若者支援の現場の”共通言語”をつくりたい 『若年無業者白書』をクラウドファンディングで作ったわけ(上)
工藤:僕らは『若年無業者白書』を製作し、そこから支援現場にフィードバックできるエビデンス(根拠となるデータ)をいくばくかでも導き出したかった。たとえば、現在、国が発表している『子ども・若者白書』の調査結果では「無業になった理由」が、1位「病気やケガのため」、2位にいきなり「その他」がきます。さまざまな理由となりうる項目を立てておきながら、「その他」が次に来ているのです。このデータを「現場で使え」といわれても、「その他」では何もわかりません。

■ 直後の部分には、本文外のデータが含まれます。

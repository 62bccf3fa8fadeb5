-- ===== src/OpenFile/Fresh.antt =====
-- The file that `Allocate` makes: its header is one that `ReadAt` and `WriteAt` can work with.
use nachos_3_4_lab.Prelude.{ℕ, ◌+◌, ◌-◌, ◌≤◌, ◌<◌, ◌≡◌, min, List, true, length, get_or, arith}
use nachos_3_4_lab.Prelude.Outcome.{ok}
use nachos_3_4_lab.BitMap.{BitMap}
use nachos_3_4_lab.BitMap.Laws.{IsValid}
use nachos_3_4_lab.BitMap.Count.{free}
use nachos_3_4_lab.Disk.{Disk}
use nachos_3_4_lab.FileHeader.{FileHeader, allocate}
use nachos_3_4_lab.FileHeader.Allocation.{Allocated}
use nachos_3_4_lab.FileHeader.RoundTrip.{sectors_for, sized, allocate-Allocated}
use nachos_3_4_lab.OpenFile.{read_at, write_at}
use nachos_3_4_lab.OpenFile.Contents.{IsDirect, Formatted}
use nachos_3_4_lab.OpenFile.RoundTrip.{write_at-read_at}

pub Allocated-IsDirect :
    (size : ℕ) (hdr : FileHeader) {m m' : BitMap} (now old a : List ℕ)
    → m.num_bits ≤ 1024
    → sectors_for size ≤ 14
    → Allocated m 0 (sectors_for size) old a m'
    → IsDirect (record (sized size hdr) { create_time = now; data_sectors = a })
Allocated-IsDirect size hdr {m} now old a on_disk few w = record {
  small = ground (arith, few);
  on_disk = λ i used.
      let there : get_or a i 0 < m.num_bits = w.in_range i (omega arith) (ground (arith, used)) in
      omega (arith, there);
  distinct = λ i j lt used. w.distinct i j (omega arith) lt (ground (arith, used));
}

-- If `new` gives arrays of the size asked for, a file needs at most fourteen sectors, as many are
-- free in a valid map of at most 1024 bits, the header has its fifteen entries, every sector has
-- 128 bytes, the bytes given are at least as many as asked for, and the position and the number of
-- bytes asked for add up to less than 2 ^ 31, then `Allocate` succeeds and leaves the disk as it
-- is, and `WriteAt` and `ReadAt` of the same request through the header that it made both return
-- the number of bytes up to the end of the file or as many as asked for, if that is less, and
-- `ReadAt` gives back the bytes that were written.
pub allocate-read_at :
    (fresh : ℕ → List ℕ) (sizes : (n : ℕ) → length (fresh n) ≡ n) (size : ℕ) (now : List ℕ)
    (hdr : FileHeader) {m : BitMap} (d : Disk) (from : List ℕ) (num_bytes position : ℕ)
    → IsValid m
    → m.num_bits ≤ 1024
    → Formatted d
    → length hdr.data_sectors ≡ 15
    → sectors_for size ≤ 14
    → sectors_for size ≤ free m
    → num_bytes ≤ length from
    → position + num_bytes < 0x8000_0000
    → let n = min num_bytes (size - position) in
      (hdr' : FileHeader) × (m' : BitMap) × (d' : Disk) × (bytes : List ℕ) × (allocate size now hdr
          m d
        ≡ ok (true, hdr', m', d))
      × (write_at fresh from num_bytes position hdr' d ≡ ok (n, d'))
      × (read_at fresh num_bytes position hdr' d' ≡ ok (n, bytes))
      × (length bytes ≡ n)
      × ((j : ℕ) → j < n → get_or bytes j 0 ≡ get_or from j 0)
allocate-read_at fresh sizes size now hdr d from num_bytes position v on_disk formatted entries few
      enough given no_overflow =
    let (a, m', runs, w) = allocate-Allocated size now hdr d v few enough entries in
    let hdr' : FileHeader = record (sized size hdr) { create_time = now; data_sectors = a } in
    let (d', bytes, wrote, did_read, size_read, same) =
      write_at-read_at fresh sizes hdr' d from num_bytes position
        (Allocated-IsDirect size hdr now hdr.data_sectors a on_disk few w) formatted given
        no_overflow in
    (hdr', m', d', bytes, runs, wrote, did_read, size_read, same)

ややもすると、「病気やケガ」が理由ならば「医療が若者支援をすべきでは」という短絡的な意見が出て、ミスリードする可能性も出てきてしまう。若者と働く問題は社会的トピックではありますが、一方で、現場での支援については、調査研究や技術開発もなされていない。積み重ねがない分野ですので、すべてのかかわりが手探りのため、「これだ!」という寄る辺がないわけです。このままでは効率的、効果的な支援が何かという根源的な問いに対する“解らしきもの”にすらたどり着かない。また政策提言にしても、「なぜそれが有効かつ社会的な投資になりうるのか」を説明することが難しい。そんな現状を変えるため、自らアクションを起こしたのです。
西田:初めに断っておくと、僕は「若者研究」を専門とする研究者ではありません。ですから、今回は若者研究の知見ではなく、定量分析の「手法」を用いて、データを分析するというかたちで協力しました。僕は社会起業家の研究もしており、工藤さんとは、3~4年前から親しくさせていただいていました。当時から、「現場の有益なデータが利活用されないまま残っているのではないか」――。「エビデンスベースで政策提言するには、現場のデータを定量的にまとめていくのが近道ではないか」という議論もさせていただいていました。それがプロジェクトに携わる発端です。
若者研究者ではないのに、なぜ――と思われるかもしれません。しかし、僕は、若者研究者ではないからこそ、貢献できたことがあると思っています。アカデミズムと現場のそれぞれのニーズは違います。研究者は当然、学術的な主題を明らかにすることに関心がある。その知見は必ずしも「現場で役立つこと」ではありません。だからこそ、研究結果が現場のニーズと懸け離れてしまうことが多いのが実態です。学術には学術の、現場には現場のニーズがあるというわけです。
その一方で、今回は僕が若者研究者ではありませんから、主体的に「明らかにしたいこと」や、この分野で学術的成果に固執したいという強い動機がありません。その意味で「現場のニーズ」に限りなく近いところからスタートできた。そのため、現場のニーズに沿って、データ分析できたことは大きいと思っています。
「データ」で多様なステークホルダーをつなぐ
工藤:現在、若者支援の現場は、数多くのステークホルダーがいます。地域における子ども・若者の育成推進のためのフレームとしては、「矯正、更正保護の現場の心理相談」「雇用の現場の職業的自立・就業支援」「福祉の現場の生活環境改善」「教育の現場の修学支援」「保険、医療の現場の医療及び療養支援」と5つの分野を内閣府が概要図として出しています。たとえば、臨床心理士は「心理」、社会福祉士は「社会資源の接合」、キャリアコンサルタントは「広い意味でのキャリアの問題」を扱っています。こうして見てみると、若者支援は、全世代対応型の専門資格者と民間の“匠”の世界での支援が重なり合っているわけです。若者支援が社会課題として表面化し、政府の“予算”もついたことで一気に全国に広まり、前進しました。その一方で、困惑と混乱の中で試行錯誤し続けた10年だったと言っても過言ではありません。
さらに、多くのステークホルダーがいるため、個々の支援ビジョンや手法、政策の観点からもそれぞれが“バラバラ”の状況です。うまく情報が行き渡らない。たとえば、ひきこもり状態の若者を支援している人と障害を持つ方を支援している人、触法少年という少年院や鑑別所から出てきた若者を支えている人が若者支援の文脈で集ったとき、それぞれが有する暗黙知が形式知に昇華されていないため、共有知となるまでに膨大なコミュニケーションコストがかかるわけです。同一ケースに対しての方針や手法、使う言語までがバラバラなこともあります。
そのときに、今回の『若年無業者白書』のように、定量的なデータをひとつの共通土台として活用できるのではないかと考えました。たとえば「携帯を持っていない人が20%いる」と言うと、「俺の現場は10%」「うちは40%」と議論の遡上に上る。数値が重要ではなく、データを基準にそれぞれの人たちが支援されている若者の共通点や差異が、発見しやすくなるのではないかと思っています。